Given records >>
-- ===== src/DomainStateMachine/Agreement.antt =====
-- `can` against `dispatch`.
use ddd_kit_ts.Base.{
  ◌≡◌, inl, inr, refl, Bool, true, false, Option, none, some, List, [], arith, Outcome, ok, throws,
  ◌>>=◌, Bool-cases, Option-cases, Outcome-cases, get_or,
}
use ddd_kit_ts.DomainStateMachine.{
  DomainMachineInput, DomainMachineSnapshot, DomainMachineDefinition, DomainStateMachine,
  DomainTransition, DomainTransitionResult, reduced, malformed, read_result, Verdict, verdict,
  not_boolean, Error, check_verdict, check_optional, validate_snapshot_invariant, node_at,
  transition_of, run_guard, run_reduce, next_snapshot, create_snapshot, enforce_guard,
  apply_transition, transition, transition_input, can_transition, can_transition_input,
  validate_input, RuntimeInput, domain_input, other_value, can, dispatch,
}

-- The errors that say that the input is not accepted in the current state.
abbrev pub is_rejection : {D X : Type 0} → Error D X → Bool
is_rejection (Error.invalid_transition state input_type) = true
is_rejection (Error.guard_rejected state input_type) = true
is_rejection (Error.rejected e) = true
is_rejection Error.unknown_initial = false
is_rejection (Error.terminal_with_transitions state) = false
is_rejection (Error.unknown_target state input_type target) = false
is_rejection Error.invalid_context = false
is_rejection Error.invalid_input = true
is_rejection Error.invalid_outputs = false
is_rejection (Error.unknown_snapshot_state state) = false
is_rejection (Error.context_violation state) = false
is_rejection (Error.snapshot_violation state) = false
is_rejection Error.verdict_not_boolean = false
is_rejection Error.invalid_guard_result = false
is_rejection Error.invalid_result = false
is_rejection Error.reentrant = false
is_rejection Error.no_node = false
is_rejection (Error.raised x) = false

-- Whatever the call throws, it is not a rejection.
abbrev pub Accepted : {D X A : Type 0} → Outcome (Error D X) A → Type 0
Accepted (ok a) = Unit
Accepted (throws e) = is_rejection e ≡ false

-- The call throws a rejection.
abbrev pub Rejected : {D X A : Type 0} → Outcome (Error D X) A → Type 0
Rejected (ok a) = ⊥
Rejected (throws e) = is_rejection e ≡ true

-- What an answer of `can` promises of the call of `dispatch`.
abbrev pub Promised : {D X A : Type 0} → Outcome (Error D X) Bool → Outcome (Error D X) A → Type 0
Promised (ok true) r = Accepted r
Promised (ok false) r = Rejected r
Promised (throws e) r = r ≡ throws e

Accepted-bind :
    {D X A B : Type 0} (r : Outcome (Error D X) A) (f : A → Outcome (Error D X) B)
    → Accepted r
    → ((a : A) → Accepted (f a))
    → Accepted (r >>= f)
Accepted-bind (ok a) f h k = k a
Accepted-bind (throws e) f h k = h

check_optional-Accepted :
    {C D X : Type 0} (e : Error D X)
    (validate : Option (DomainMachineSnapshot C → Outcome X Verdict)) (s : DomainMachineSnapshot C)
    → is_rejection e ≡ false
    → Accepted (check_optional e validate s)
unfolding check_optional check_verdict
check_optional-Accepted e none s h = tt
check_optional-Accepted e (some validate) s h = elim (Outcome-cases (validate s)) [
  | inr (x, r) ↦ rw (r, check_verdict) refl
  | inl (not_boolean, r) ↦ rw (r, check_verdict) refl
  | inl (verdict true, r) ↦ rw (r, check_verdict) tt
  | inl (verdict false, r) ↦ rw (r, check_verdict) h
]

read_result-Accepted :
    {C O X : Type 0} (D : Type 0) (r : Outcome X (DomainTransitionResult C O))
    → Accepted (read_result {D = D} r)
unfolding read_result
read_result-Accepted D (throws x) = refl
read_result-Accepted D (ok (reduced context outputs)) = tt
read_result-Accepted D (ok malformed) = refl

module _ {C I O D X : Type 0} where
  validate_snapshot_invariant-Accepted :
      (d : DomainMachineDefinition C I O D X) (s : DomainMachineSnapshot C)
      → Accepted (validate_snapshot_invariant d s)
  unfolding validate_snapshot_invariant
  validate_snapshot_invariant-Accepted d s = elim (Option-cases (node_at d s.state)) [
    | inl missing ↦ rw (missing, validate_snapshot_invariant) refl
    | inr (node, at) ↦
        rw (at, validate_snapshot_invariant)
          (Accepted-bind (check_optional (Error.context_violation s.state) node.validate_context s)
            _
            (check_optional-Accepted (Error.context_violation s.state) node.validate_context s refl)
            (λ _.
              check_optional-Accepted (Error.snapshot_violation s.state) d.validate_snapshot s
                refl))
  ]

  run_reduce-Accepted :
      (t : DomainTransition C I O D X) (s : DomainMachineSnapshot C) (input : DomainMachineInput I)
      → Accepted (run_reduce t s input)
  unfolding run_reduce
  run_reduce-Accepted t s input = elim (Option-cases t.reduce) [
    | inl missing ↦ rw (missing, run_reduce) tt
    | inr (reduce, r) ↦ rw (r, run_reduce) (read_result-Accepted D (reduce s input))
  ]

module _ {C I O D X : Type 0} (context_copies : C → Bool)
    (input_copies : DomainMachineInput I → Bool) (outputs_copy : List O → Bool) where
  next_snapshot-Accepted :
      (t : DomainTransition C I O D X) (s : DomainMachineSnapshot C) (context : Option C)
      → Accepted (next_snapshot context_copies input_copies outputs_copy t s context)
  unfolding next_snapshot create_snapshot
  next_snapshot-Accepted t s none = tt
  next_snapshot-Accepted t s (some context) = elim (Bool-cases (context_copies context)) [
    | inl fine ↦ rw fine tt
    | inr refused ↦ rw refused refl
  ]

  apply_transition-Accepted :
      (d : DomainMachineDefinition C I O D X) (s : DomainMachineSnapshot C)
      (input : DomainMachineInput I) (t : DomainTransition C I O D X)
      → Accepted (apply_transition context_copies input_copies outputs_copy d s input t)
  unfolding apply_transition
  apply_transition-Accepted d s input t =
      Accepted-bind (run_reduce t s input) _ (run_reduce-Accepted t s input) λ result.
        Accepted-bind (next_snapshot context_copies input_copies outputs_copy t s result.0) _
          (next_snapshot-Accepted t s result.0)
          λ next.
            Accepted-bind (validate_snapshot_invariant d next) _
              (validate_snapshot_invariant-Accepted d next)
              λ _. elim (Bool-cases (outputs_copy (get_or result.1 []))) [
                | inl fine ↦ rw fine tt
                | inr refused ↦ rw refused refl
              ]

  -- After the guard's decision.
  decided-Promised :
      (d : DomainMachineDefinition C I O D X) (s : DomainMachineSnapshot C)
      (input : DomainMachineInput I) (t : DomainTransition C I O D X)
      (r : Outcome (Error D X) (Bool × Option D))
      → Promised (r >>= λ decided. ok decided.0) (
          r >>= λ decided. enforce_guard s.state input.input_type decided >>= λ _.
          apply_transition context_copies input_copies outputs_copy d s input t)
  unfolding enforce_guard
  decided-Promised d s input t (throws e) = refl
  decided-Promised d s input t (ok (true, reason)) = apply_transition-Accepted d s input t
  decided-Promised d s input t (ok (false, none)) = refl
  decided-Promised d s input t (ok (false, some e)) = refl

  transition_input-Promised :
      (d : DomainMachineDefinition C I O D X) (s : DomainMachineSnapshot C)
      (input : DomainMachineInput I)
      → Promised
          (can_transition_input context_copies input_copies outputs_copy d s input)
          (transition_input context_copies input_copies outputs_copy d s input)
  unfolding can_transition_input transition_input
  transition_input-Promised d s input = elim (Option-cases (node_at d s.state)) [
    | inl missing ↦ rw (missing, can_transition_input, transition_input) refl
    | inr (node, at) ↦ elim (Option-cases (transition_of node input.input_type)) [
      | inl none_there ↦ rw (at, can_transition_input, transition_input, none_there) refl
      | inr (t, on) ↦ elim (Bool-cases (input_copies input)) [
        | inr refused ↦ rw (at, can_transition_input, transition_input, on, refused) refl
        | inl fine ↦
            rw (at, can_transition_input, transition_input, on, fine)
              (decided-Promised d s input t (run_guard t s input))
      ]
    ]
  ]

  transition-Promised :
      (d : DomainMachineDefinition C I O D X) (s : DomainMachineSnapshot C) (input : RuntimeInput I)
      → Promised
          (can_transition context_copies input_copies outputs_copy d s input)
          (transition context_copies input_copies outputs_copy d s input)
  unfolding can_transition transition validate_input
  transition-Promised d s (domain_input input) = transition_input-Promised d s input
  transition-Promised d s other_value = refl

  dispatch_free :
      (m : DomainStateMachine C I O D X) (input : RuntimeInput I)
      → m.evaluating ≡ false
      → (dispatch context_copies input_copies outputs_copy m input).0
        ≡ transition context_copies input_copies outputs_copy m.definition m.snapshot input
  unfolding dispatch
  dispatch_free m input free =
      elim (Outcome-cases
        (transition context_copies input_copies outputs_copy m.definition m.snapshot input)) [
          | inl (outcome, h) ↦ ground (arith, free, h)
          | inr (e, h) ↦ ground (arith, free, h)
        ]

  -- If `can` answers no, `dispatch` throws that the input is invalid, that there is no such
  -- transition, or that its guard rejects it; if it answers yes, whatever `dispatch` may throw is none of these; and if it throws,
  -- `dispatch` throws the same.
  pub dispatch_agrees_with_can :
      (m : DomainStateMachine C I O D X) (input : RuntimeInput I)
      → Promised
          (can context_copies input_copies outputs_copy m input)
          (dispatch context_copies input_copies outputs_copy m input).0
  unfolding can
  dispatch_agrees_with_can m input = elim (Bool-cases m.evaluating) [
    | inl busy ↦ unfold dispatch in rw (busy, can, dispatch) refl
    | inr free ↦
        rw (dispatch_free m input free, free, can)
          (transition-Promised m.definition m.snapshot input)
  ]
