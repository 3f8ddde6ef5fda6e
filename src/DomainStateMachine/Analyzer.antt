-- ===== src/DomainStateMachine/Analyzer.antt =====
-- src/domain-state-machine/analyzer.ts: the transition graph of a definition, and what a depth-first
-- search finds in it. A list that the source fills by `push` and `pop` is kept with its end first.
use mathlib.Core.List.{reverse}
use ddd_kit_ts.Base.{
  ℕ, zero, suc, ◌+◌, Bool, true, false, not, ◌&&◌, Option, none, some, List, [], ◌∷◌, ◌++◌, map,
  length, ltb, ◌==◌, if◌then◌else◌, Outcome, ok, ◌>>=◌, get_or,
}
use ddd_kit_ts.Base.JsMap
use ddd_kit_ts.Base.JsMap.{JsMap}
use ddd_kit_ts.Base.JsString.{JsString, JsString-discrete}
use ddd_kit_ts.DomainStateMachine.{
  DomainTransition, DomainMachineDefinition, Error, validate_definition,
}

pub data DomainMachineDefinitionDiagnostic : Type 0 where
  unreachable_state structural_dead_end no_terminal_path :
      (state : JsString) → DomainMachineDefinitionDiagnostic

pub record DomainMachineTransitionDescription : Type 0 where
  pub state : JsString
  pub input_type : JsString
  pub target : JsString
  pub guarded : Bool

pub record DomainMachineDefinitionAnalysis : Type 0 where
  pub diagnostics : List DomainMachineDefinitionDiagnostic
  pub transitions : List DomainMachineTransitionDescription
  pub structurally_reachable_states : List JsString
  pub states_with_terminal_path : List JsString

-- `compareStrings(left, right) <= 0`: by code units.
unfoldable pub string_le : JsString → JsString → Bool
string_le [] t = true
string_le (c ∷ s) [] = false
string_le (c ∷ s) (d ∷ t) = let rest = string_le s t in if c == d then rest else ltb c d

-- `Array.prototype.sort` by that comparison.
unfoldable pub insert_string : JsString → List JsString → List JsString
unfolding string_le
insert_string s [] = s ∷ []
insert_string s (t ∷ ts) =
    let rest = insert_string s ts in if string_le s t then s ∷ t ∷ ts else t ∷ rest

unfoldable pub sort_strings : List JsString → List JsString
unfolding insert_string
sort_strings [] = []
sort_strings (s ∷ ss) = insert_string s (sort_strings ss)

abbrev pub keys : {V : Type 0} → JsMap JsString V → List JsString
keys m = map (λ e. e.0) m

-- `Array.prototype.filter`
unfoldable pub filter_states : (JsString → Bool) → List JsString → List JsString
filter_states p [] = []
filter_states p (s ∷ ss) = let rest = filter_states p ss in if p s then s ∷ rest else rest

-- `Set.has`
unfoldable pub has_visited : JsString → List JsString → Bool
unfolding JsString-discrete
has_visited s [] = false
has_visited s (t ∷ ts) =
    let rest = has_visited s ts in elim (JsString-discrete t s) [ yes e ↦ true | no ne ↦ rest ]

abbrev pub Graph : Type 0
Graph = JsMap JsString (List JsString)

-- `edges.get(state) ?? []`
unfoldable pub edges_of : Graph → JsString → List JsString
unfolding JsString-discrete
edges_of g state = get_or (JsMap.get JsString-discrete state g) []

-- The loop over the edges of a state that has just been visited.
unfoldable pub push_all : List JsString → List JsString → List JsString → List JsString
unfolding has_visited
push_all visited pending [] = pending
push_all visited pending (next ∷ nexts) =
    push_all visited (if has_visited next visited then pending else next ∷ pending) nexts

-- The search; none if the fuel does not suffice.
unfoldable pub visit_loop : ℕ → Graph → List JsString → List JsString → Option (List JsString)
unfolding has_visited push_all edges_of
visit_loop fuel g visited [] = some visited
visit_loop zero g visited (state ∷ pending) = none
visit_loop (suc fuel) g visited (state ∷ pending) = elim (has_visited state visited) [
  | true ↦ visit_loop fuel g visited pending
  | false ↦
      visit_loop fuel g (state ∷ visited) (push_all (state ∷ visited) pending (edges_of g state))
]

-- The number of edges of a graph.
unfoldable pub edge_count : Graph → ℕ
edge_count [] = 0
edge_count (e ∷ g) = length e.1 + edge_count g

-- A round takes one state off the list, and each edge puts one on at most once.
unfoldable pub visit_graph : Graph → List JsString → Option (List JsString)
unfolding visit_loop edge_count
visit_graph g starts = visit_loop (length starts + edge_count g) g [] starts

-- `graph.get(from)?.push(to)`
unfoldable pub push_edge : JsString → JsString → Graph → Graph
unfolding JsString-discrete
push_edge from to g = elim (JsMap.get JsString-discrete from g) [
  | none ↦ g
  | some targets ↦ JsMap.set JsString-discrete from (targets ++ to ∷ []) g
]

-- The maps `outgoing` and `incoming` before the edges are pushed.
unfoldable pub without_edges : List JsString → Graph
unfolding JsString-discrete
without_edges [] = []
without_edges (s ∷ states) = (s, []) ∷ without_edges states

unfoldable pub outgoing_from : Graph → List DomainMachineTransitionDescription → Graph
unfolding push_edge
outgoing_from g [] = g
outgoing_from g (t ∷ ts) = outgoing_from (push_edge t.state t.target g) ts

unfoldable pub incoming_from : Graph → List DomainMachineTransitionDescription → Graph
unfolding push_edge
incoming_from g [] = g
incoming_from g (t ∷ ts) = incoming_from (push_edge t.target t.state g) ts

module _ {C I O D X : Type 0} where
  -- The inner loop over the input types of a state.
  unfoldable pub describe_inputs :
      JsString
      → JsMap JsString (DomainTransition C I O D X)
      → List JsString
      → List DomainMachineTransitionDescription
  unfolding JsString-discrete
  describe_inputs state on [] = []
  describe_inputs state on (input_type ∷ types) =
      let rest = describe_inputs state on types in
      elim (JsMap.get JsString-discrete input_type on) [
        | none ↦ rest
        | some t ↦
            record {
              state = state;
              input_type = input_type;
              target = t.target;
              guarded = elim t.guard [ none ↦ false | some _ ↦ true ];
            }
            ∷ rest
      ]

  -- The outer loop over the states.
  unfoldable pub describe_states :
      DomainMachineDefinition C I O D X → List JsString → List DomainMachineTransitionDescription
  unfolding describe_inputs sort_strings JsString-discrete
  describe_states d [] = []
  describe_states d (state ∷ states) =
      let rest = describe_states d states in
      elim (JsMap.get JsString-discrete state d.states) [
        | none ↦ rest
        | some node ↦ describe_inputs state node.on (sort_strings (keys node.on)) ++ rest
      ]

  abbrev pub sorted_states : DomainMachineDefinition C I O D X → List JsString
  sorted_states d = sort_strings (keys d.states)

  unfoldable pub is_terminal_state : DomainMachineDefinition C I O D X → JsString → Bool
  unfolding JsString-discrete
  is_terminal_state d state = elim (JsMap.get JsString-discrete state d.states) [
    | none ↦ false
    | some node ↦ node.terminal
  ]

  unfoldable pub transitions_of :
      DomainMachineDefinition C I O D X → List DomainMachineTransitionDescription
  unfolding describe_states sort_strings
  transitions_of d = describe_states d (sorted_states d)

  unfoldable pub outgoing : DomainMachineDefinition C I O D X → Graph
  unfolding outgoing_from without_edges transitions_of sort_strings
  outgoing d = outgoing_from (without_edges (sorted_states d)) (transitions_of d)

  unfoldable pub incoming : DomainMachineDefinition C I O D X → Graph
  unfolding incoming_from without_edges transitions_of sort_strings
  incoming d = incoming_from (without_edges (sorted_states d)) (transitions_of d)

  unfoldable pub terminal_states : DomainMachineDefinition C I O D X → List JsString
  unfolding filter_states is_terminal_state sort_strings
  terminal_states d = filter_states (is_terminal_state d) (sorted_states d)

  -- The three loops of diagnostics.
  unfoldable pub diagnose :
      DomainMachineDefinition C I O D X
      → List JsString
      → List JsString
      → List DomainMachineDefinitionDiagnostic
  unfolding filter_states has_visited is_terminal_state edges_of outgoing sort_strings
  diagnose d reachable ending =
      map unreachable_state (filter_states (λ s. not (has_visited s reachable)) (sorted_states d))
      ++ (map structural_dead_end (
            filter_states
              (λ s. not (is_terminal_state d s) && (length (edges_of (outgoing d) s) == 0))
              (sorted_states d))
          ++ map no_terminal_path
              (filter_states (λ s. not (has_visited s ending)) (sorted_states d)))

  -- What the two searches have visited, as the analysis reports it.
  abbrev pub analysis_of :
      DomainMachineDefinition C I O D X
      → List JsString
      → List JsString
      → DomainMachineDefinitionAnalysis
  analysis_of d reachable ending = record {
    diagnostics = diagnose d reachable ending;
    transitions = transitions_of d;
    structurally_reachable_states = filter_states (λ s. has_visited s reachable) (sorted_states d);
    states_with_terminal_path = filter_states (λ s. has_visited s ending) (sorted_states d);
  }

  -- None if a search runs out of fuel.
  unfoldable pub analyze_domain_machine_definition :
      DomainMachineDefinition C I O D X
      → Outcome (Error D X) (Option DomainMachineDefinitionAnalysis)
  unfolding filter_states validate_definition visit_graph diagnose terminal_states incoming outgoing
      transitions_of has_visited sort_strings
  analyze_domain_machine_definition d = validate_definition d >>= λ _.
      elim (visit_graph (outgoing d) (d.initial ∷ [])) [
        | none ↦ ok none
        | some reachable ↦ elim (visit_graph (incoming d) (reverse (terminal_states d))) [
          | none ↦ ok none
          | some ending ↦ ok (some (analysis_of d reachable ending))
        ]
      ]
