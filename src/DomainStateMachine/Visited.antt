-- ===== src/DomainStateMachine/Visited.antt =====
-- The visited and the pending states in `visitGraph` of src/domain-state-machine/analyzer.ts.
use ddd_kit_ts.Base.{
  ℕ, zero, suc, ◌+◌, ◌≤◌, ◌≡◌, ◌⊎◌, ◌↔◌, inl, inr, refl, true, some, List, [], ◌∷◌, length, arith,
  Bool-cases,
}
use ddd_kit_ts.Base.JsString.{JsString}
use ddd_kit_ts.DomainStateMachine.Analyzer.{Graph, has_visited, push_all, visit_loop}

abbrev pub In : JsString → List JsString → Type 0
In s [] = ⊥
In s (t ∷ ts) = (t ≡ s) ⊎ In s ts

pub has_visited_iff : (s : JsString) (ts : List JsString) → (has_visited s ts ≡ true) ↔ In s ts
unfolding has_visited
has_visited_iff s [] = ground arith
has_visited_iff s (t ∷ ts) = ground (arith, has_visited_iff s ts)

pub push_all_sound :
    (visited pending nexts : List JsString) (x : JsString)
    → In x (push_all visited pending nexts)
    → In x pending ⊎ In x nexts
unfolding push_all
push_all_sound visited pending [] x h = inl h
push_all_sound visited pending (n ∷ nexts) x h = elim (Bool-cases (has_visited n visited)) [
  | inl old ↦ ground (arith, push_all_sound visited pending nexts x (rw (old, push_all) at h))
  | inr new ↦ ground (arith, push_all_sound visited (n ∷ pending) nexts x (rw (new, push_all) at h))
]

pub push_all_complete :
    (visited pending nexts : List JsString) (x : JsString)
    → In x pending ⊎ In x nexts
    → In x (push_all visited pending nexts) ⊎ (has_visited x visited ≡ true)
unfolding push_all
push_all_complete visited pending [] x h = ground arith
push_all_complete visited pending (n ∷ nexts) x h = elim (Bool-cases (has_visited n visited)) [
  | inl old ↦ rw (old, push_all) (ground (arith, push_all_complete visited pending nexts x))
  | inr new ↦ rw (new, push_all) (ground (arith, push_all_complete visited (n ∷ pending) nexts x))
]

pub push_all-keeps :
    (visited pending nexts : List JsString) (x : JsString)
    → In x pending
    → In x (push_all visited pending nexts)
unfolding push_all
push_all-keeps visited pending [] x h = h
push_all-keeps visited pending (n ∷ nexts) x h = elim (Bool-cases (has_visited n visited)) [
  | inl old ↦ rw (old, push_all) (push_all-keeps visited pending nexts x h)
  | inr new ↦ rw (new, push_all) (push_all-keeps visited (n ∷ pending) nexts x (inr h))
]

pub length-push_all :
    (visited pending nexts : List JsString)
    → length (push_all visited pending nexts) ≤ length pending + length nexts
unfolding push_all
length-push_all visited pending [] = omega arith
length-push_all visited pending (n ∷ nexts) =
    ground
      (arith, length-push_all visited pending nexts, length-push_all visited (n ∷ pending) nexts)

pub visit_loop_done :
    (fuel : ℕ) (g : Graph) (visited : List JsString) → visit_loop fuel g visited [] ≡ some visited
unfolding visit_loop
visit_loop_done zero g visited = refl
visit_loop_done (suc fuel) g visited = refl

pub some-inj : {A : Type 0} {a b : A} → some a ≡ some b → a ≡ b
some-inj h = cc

About this exercise >>
Lines to set down from above: the line with "let rest = insert_string", the line with "has_visited s (t", and every line between, each exactly as written.

Your solution >>
    let rest = insert_string s ts in if string_le s t then s ∷ t ∷ ts else t ∷ rest

unfoldable pub sort_strings : List JsString → List JsString
unfolding insert_string
sort_strings [] = []
sort_strings (s ∷ ss) = insert_string s (sort_strings ss)

abbrev pub keys : {V : Type 0} → JsMap JsString V → List JsString
keys m = map (λ e. e.0) m

-- `Array.prototype.filter`
unfoldable pub filter_states : (JsString → Bool) → List JsString → List JsString
filter_states p [] = []
filter_states p (s ∷ ss) = let rest = filter_states p ss in if p s then s ∷ rest else rest

-- `Set.has`
unfoldable pub has_visited : JsString → List JsString → Bool
unfolding JsString-discrete
has_visited s [] = false
has_visited s (t ∷ ts) =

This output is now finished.